Build and Testing Environment at Celonis: Our Experiences Over Time

This article has been previously published in the Celonis Dev Blog. Celonis with its “Intelligent Business Cloud” (IBC) is the leader in Enterprise Performance Acceleration software, harnessing the power of Process Mining technology to help organisations remove operational friction.

For 4 years, Celonis has been developing its own Query Engine for answering Process Mining queries. The requirements for build and testing infrastructure has evolved greatly since it started as a small C++ project on multiple platforms. Building and testing solutions are not as established in C++ as they are in other programming languages like Java, so over time we tried a lot of different strategies. In the following lines, we show our experiences grouped into the five categories: Build System, Dependency Management, Building, Testing and Deployment.

Build System

In the beginning, we used CMake for UNIX builds (Linux & macOS), but for Windows we used the Visual Studio project files directly. This had multiple reasons:

Firstly, the directory structure for source and header files had to be built manually, because Visual Studio did not detect it on its own. It usually resulted in a list of source and header files in the IDE. This was only made easier in CMake 3.8.
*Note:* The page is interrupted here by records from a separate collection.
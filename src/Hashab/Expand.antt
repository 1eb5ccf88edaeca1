-- ===== src/Hashab/Expand.antt =====
-- src/crypto/hashab/expand.rs: two ciphertexts are expanded to 190 bytes.
use libopod.Base.{ℕ, zero, suc, ◌+◌, ◌-◌, ◌*◌, min, List, [], ◌++◌, map}
use libopod.Base.Lists.{take, splice}
use libopod.Bytes.{to_le_bytes}
use libopod.Hashab.Word.{Word, low_byte, byte_mul, words_of, bytes_of, ◌bar◌, ◌<<◌, ◌>>◌}
use libopod.Hashab.Word as Word
use libopod.Hashab.Hash.{hash}

transform_word : Word → Word
transform_word word =
    let product = Word.◌*◌ word 0xc8180aff in
    low_byte (Word.◌*◌ word 0x6b)
    bar low_byte (Word.◌*◌ (product >> 8) 0x95) << 8
    bar low_byte (Word.◌*◌ (product >> 16) 0x95) << 16
    bar low_byte (Word.◌*◌ (product >> 24) 0x95) << 24

transform_hash_chunk : List ℕ → List ℕ
unfolding transform_word words_of bytes_of
transform_hash_chunk digest = bytes_of (map transform_word (words_of 8 digest))

-- the rounds that are left, from the offset that is filled
expand_rounds : ℕ → ℕ → List ℕ → List ℕ
unfolding hash transform_hash_chunk to_le_bytes
expand_rounds zero iteration work = []
expand_rounds (suc left) iteration work =
    let hashed = hash (splice work 44 (to_le_bytes 4 iteration)) in
    take (min (190 - iteration * 32) 32) (transform_hash_chunk hashed.1)
    ++ expand_rounds left (iteration + 1) hashed.0

unfoldable pub expand : List ℕ → List ℕ → List ℕ
unfolding expand_rounds to_le_bytes
expand middle_ciphertext leading_ciphertext =
    let scale = map (λ b. byte_mul b 0x6f) in
    expand_rounds 6 0 (
      scale (take 24 middle_ciphertext)
      ++ (scale (take 20 leading_ciphertext)
          ++ (to_le_bytes 4 0 ++ (to_le_bytes 4 12 ++ to_le_bytes 12 0))))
Secondly, importing existing VS project files is not straightforward. Many of the settings could not be translated easily to CMake instructions. An example of this is a multi-core compilation where it is not completely clear what the settings in the Visual Studio UI are really doing, and how to set them in the Visual Studio files, or invoke them later via MSBuild. Meticulously porting all of the compiler and dependency settings seemed not worth the effort.

When major changes in dependency and project structure required a ton of adjustments to the different build systems anyway, we finally merged both build system approaches to only use CMake.

Dependency Management

To address these issues pragmatically we switched to cloning dependencies and prebuilt binaries via shell script. Using this approach we lost the automatic synchronicity of the checked-in variant, because dependency versions at a specific commit in time were no longer strictly guaranteed to be the same versions.

The shell script would have had to clone a dependency at a specific commit. Referencing branches or tags was dangerous in the sense that they could have changed after the fact and would make reproducing older builds harder. Dependency Management like this was very similar to git submodules. In both cases the developer would have to execute another command (or at least adjust a clone command), but with git submodules the version handling of dependencies was strictly handled by git.

This is why we quickly moved to git submodules. Adding a dependency as a git submodule would add it at the specific commit HEAD was currently pointing at even if HEAD was a symbolic ref. This way, commits of the code are linked with commits of the dependency and should in general provide the possibility of reproducing older versions of the software.

For example:

$ git clone https://github.com/boostorg/boost.git
$ cd boost
$ git symbolic-ref HEAD
refs/heads/master
$ git show-ref refs/heads/master
3d189428991b0434aa1f2236d18dac1584e6ab84 refs/heads/master
$ cd ../test-repo
$ git submodule add https://github.com/boostorg/boost.git

If these changes now get committed and somebody else checks out the code at some other point they will see the following:

$ cd test-repo
$ git submodule update —init
$ cd boost
$ git symbolic-ref HEAD
fatal: ref HEAD is not a symbolic ref
$ git show-ref HEAD
3d189428991b0434aa1f2236d18dac1584e6ab84 refs/remotes/origin/HEAD

So we see that HEAD lost the information about a symbolic ref and only remembers 3d189428991b0434aa1f2236d18dac1584e6ab84.

While in theory a great guarantee, this mechanic had a rather bad adoption by developers. Updating dependencies was a process involving multiple steps and commits to different repos. Smarter git commands appeared to be either not very well documented or often a feature of later versions of git.

Additionally git submodules appeared to be a not very robust and popular feature at the time because of problems arising for us with CI and lack of tooling or support by git tooling for it. Switching branches also often resulted in problems with git submodules leading to an overall bad developer experience. Additionally there was a bottleneck in updating dependencies because it was usually only done by few. They also did not address the integration with the build systems which needed to be provided differently.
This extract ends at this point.